Phil in the Herald Sun newspaper
Source: Herald Sun by Helen Carter

I’d like to share with you an article that appeared in the Herald Sun newspaper recently:

When Phillip Ralph asks his clients what they think their number one priority is for their business or workplace, they usually say “getting results”.

“I suggest their top priority should be focusing on the development of their staff because your people are the key to your business success” Mr Ralph said.

“To quote (organisational consultant) Simon Sinek, if you look after your people, they’ll look after your business.”

Having happy, healthy and challenged workers with the right skill set was key, he said.

Mr Ralph is a leadership coach and facilitator, business consultant and author with qualifications in science, business management, psychology, health promotion and, from Harvard University, leadership development.

In 2007, he founded The Leadership Sphere, which specialises in leadership development, team development and organisational development through targeted programs, including workshops and coaching for senior staff.

My teams – of 12 in Melbourne and another 10 based globally – and I consult to some of the largest companies in the world in leadership development, team development and culture change.” Mr Ralph said.

He worked for 17 years with Victoria Police, including stints in the psychology unit. Mr Ralph also co-designed and co-led many leadership and change programs, including creating a safer culture by training 10,000 police in de-escalation and conflict resolution.

He later move to ANZ where he led a large consulting team in a program widely acclaimed as one of the world’s best examples of a successful cultural transformation program, responsible for 40,000 people in 40 countries.

“It was intense but after six years I felt it was time for a change and founded my own business, which continues to work with mainly medium-to-large organisations including banks, health care, infrastructure, mining and government and other sectors.” Mr Ralph said.

“We recently led a workshop for a global team which had fractured relationships, was unsure of its direction and had confused roles and expectations.
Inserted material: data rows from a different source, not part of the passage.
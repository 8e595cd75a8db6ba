-- ===== src/Store/Mem/Insert.antt =====
-- On internal/store/mem.go: the binary search and shift of `Append`, beside an ordered insertion.
use the_500mb_club_challenge.Prelude.{
  ℕ, zero, suc, ◌≤◌, ◌<◌, ◌≡◌, refl, Bool, true, false, not, List, [], ◌∷◌, if◌then◌else◌, Bytes,
  length, drop, get_or, All, All-imp, arith, Bool-cases, inl, inr,
}
use the_500mb_club_challenge.Golang.Binary.{
  bytes_lt, bytes_lt_asym, bytes_lt_neg_trans, bytes_lt_irrefl,
}
use the_500mb_club_challenge.Golang.Search.{search, search_lem}
use the_500mb_club_challenge.Store.Mem.{insert_at, insert_member}
use mathlib.Core.List.{Perm}
use mathlib.Core.List.Perm

-- Members in byte order: no member is below one in front of it.
abbrev pub IsSorted : List Bytes → Type 0
IsSorted [] = Unit
IsSorted (m ∷ ms) = All (λ n. bytes_lt n m ≡ false) ms × IsSorted ms

-- The specification: in front of the first member that is not below `e`.
unfoldable pub insert_ordered : Bytes → List Bytes → List Bytes
insert_ordered e [] = e ∷ []
insert_ordered e (m ∷ ms) = if bytes_lt m e then m ∷ insert_ordered e ms else e ∷ m ∷ ms

get_or-All :
    (m : Bytes) (ms : List Bytes) (i : ℕ)
    → i < length ms
    → All (λ n. bytes_lt n m ≡ false) ms
    → bytes_lt (get_or ms i []) m ≡ false
get_or-All m [] i h a = absurd (omega arith)
get_or-All m (n ∷ ms) zero h (a, _) = a
get_or-All m (n ∷ ms) (suc i) h (_, a) = get_or-All m ms i (omega arith) a

sorted_indices :
    (ms : List Bytes) (i j : ℕ)
    → IsSorted ms
    → i ≤ j
    → j < length ms
    → bytes_lt (get_or ms j []) (get_or ms i []) ≡ false
sorted_indices [] i j s h k = absurd (omega arith)
sorted_indices (m ∷ ms) zero zero s h k = bytes_lt_irrefl m
sorted_indices (m ∷ ms) zero (suc j) (a, s) h k = get_or-All m ms j (omega arith) a
sorted_indices (m ∷ ms) (suc i) zero s h k = absurd (omega arith)
sorted_indices (m ∷ ms) (suc i) (suc j) (a, s) h k =
    sorted_indices ms i j s (omega arith) (omega arith)

insert_at-ordered :
    (e : Bytes) (ms : List Bytes) (r : ℕ)
    → r ≤ length ms
    → ((k : ℕ) → k < r → not (bytes_lt (get_or ms k []) e) ≡ false)
    → ((k : ℕ) → r ≤ k → k < length ms → not (bytes_lt (get_or ms k []) e) ≡ true)
    → insert_at r e ms ≡ insert_ordered e ms
unfolding insert_at insert_ordered
insert_at-ordered e [] zero h lo hi = refl
insert_at-ordered e [] (suc r) h lo hi = absurd (omega arith)
insert_at-ordered e (m ∷ ms) zero h lo hi = ground (arith, hi 0 (omega arith) (omega arith))
insert_at-ordered e (m ∷ ms) (suc r) h lo hi = ground (
  arith,
  lo 0 (omega arith),
  insert_at-ordered e ms r (omega arith) (λ k p. lo (suc k) (omega arith))
      (λ k p q. hi (suc k) (omega arith) (omega arith)),
)

-- On members in byte order, the insertion at the index found by binary search gives the same list
-- as the ordered insertion that walks the list.
pub insert_member-ordered :
    (e : Bytes) (ms : List Bytes) → IsSorted ms → insert_member e ms ≡ insert_ordered e ms
unfolding insert_member
insert_member-ordered e ms s =
    let test : ℕ → Bool = λ i. not (bytes_lt (get_or ms i []) e) in
    let (within, below, above) = search_lem test (length ms) (λ a b h k t. rw (
      bytes_lt_neg_trans e (get_or ms a []) (get_or ms b []) (ground arith)
        (sorted_indices ms a b s h k))) in
    insert_at-ordered e ms (search (length ms) test) within below above

pub insert_ordered-All {κ} :
    (P : Bytes → Type κ) (e : Bytes) (ms : List Bytes)
    → P e
    → All P ms
    → All P (insert_ordered e ms)
unfolding insert_ordered
insert_ordered-All P e [] p h = (p, tt)
insert_ordered-All P e (m ∷ ms) p (pm, h) = elim (Bool-cases (bytes_lt m e)) [
  | inl t ↦ rw t (pm, insert_ordered-All P e ms p h)
  | inr t ↦ rw t (p, (pm, h))
]

-- Ordered insertion keeps the order.
pub insert_ordered-IsSorted :
    (e : Bytes) (ms : List Bytes) → IsSorted ms → IsSorted (insert_ordered e ms)
unfolding insert_ordered
insert_ordered-IsSorted e [] s = (tt, tt)
insert_ordered-IsSorted e (m ∷ ms) (a, s) = elim (Bool-cases (bytes_lt m e)) [
  | inl t ↦ rw t (insert_ordered-All _ e ms (bytes_lt_asym m e t) a, insert_ordered-IsSorted e ms s)
  | inr t ↦ rw t ((t, All-imp _ _ (λ n h. bytes_lt_neg_trans e m n t h) ms a), (a, s))
]

-- The members are the old ones and the new one.
pub insert_ordered-perm : (e : Bytes) (ms : List Bytes) → Perm (insert_ordered e ms) (e ∷ ms)
unfolding insert_ordered
insert_ordered-perm e [] = Perm.refl (e ∷ [])
insert_ordered-perm e (m ∷ ms) = elim (Bool-cases (bytes_lt m e)) [
  | inl t ↦ rw t (Perm.trans (Perm.cons m (insert_ordered-perm e ms)) (Perm.swap e m ms))
  | inr t ↦ rw t (Perm.refl (e ∷ m ∷ ms))
]

pub drop-IsSorted : (n : ℕ) (ms : List Bytes) → IsSorted ms → IsSorted (drop n ms)
drop-IsSorted zero ms s = s
drop-IsSorted (suc n) [] s = s
drop-IsSorted (suc n) (m ∷ ms) (_, s) = drop-IsSorted n ms s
We helped them find clarity and trust and they came out energised and clear about what they wanted to do and how to work as a team.”

Sustaining this enthusiasm can sometimes prove difficult.
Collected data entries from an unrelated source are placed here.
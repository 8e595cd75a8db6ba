-- ===== src/Store/Mem/Invariant.antt =====
-- On internal/store/mem.go: the members of a device and what `Append` does to them.
use the_500mb_club_challenge.Prelude.{
  ℕ, ◌+◌, ◌-◌, ◌%◌, ◌^◌, ◌≤◌, ◌<◌, ◌≡◌, refl, Bool, true, false, List, [], ◌∷◌, ◌++◌, if◌then◌else◌,
  ltb, Bytes, bytes_eq, IsByte, length, take, drop, length-drop, All, All-drop, All-append, arith,
  Bool-cases, inl, inr,
}
use the_500mb_club_challenge.Prelude.Int.{ℤ, pos, negsuc, IsInt64, ◌≤ℤ◌, to_uint64, to_uint64-lt}
use the_500mb_club_challenge.Golang.Binary.{
  put_be, put_le, get_be, get_be-put_be, put_be-All, put_le-All,
}
use the_500mb_club_challenge.Model.Point.{Point, IsTyped}
use the_500mb_club_challenge.Model.Codec.{encode, layout, encode-layout, length-encode, take_ts}
use the_500mb_club_challenge.Store.Mem.{MemStore, insert_member, append_points, trim, append}
use the_500mb_club_challenge.Store.Mem.Insert.{
  IsSorted, insert_member-ordered, insert_ordered-IsSorted, insert_ordered-All, insert_ordered-perm,
  drop-IsSorted,
}
use mathlib.Core.List.{Perm, perm_middle}
use mathlib.Core.List.Perm

-- A stored member has 65 bytes, and its timestamp is not negative.
pub record IsMember (m : Bytes) : Type 0 where
  pub size : length m ≡ 65
  pub bytes : All IsByte m
  pub stamp : get_be (take 8 m) < 2 ^ 63

abbrev pub IsStorable : Point → Type 0
IsStorable p = IsTyped p × (pos 0 ≤ℤ p.ts)

pub record HoldsMembers (ms : List Bytes) : Type 0 where
  pub sorted : IsSorted ms
  pub members : All IsMember ms

layout-All : (p : Point) (seq : ℕ) → All IsByte (layout p seq)
unfolding layout
layout-All p seq = All-append _ (put_be 8 (to_uint64 p.ts)) _ (put_be-All 8 _) (
    All-append _ (put_be 8 seq) _ (put_be-All 8 _) (
      All-append _ (put_le 8 p.lat) _ (put_le-All 8 _) (
        All-append _ (put_le 8 p.lon) _ (put_le-All 8 _) (
          All-append _ (put_le 8 p.ax) _ (put_le-All 8 _) (
            All-append _ (put_le 8 p.ay) _ (put_le-All 8 _) (
              All-append _ (put_le 8 p.az) _ (put_le-All 8 _) (
                All-append _ (put_le 8 p.battery) _ (put_le-All 8 _) (flag p.has_battery, tt))))))))
  where
    flag : (b : Bool) → IsByte (if b then 1 else 0)
    flag true = omega arith
    flag false = omega arith

stamp_small : (ts : ℤ) → IsInt64 ts → pos 0 ≤ℤ ts → to_uint64 ts < 2 ^ 63
stamp_small (pos n) t h = omega arith
stamp_small (negsuc n) t h = absurd (omega arith)

pub encode-IsMember : (p : Point) (seq : ℕ) → IsStorable p → IsMember (encode p seq)
encode-IsMember p seq h = record {
  size = length-encode p seq;
  bytes = rw encode-layout (layout-All p seq);
  stamp =
      rw
        (
          encode-layout,
          take_ts,
          get_be-put_be 8 (to_uint64 p.ts) (omega (arith, to_uint64-lt p.ts)),
        )
        (stamp_small p.ts h.0.ts h.1);
}

-- Members that a batch adds, newest last, under the sequence numbers that follow `seq`.
unfoldable pub encodings : ℕ → List Point → List Bytes
encodings seq [] = []
encodings seq (p ∷ ps) = encode p ((seq + 1) % 2 ^ 64) ∷ encodings ((seq + 1) % 2 ^ 64) ps

insert_member-holds :
    (e : Bytes) (ms : List Bytes) → IsMember e → HoldsMembers ms → HoldsMembers (insert_member e ms)
insert_member-holds e ms he h = rw (insert_member-ordered e ms h.sorted) (record {
  sorted = insert_ordered-IsSorted e ms h.sorted;
  members = insert_ordered-All IsMember e ms he h.members;
})

-- The loop keeps the order, and its members are the old ones and the encodings of the batch.
pub append_points_lem :
    (ms : List Bytes) (seq : ℕ) (ps : List Point)
    → All IsStorable ps
    → HoldsMembers ms
    → HoldsMembers (append_points ms seq ps).0
      × Perm (append_points ms seq ps).0 (encodings seq ps ++ ms)
unfolding append_points encodings
append_points_lem ms seq [] hp h = (h, Perm.refl ms)
append_points_lem ms seq (p ∷ ps) (hp, hps) h =
    let s = (seq + 1) % 2 ^ 64 in
    let e = encode p s in
    let (holds, perm) =
      append_points_lem (insert_member e ms) s ps hps
        (insert_member-holds e ms (encode-IsMember p s hp) h) in
    (
      holds,
      Perm.trans perm (
          Perm.trans
            (Perm.append_left (encodings s ps)
              (rw (insert_member-ordered e ms h.sorted) (insert_ordered-perm e ms)))
            (perm_middle (encodings s ps) ms)),
    )

trim-holds : (cap : ℕ) (ms : List Bytes) → HoldsMembers ms → HoldsMembers (trim cap ms)
unfolding trim
trim-holds cap ms h = elim (Bool-cases (ltb cap (length ms))) [
  | inl e ↦
      rw e (record { sorted = drop-IsSorted _ ms h.sorted; members = All-drop _ _ ms h.members })
  | inr e ↦ rw e h
]

-- Trimming leaves the newest members, `cap` of them if there are more.
pub trim_lem :
    (cap : ℕ) (ms : List Bytes)
    → (trim cap ms ≡ drop (length ms - cap) ms) × (length (trim cap ms) ≤ cap)
unfolding trim
trim_lem cap ms = elim (Bool-cases (ltb cap (length ms))) [
  | inl e ↦ rw e (refl, omega (arith, length-drop (length ms - cap) ms))
  | inr e ↦ rw e (let z : length ms - cap ≡ 0 = ground arith in rw z (refl, ground arith))
]

-- The state invariant: no device holds more than `cap` members, and all are in order.
pub record IsValid (m : MemStore) : Type 0 where
  pub holds : (id : Bytes) → HoldsMembers (m.dev id)
  pub capped : (id : Bytes) → length (m.dev id) ≤ m.cap

-- Append of storable points keeps the state invariant: every device holds well-formed members in
-- byte order, and no more than cap of them.
pub append-IsValid :
    (m : MemStore) (id : Bytes) (ps : List Point)
    → All IsStorable ps
    → IsValid m
    → IsValid (append m id ps).0
unfolding append
append-IsValid m id ps hp v = record {
  holds = λ j. elim (Bool-cases (bytes_eq id j)) [
    | inl e ↦ rw e (trim-holds m.cap _ (append_points_lem (m.dev id) m.seq ps hp (v.holds id)).0)
    | inr e ↦ rw e (v.holds j)
  ];
  capped = λ j. elim (Bool-cases (bytes_eq id j)) [
    | inl e ↦ rw e (trim_lem m.cap (append_points (m.dev id) m.seq ps).0).1
    | inr e ↦ rw e (v.capped j)
  ];
}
“People get a ‘sugar hit’ from workshops but often go back to work and forget it.” Mr Ralph said.

“We support them in developing habits and practices focused on development, knowing that if practiced daily – they become established and efficiencies occur, so leadership isn’t just about monthly coaching or meetings with other leaders four times a year.”

The Leadership Sphere
Continuing to work with banks, health care, infrastructure, mining and government and other sectors.
Contact us to discuss how we can assist you.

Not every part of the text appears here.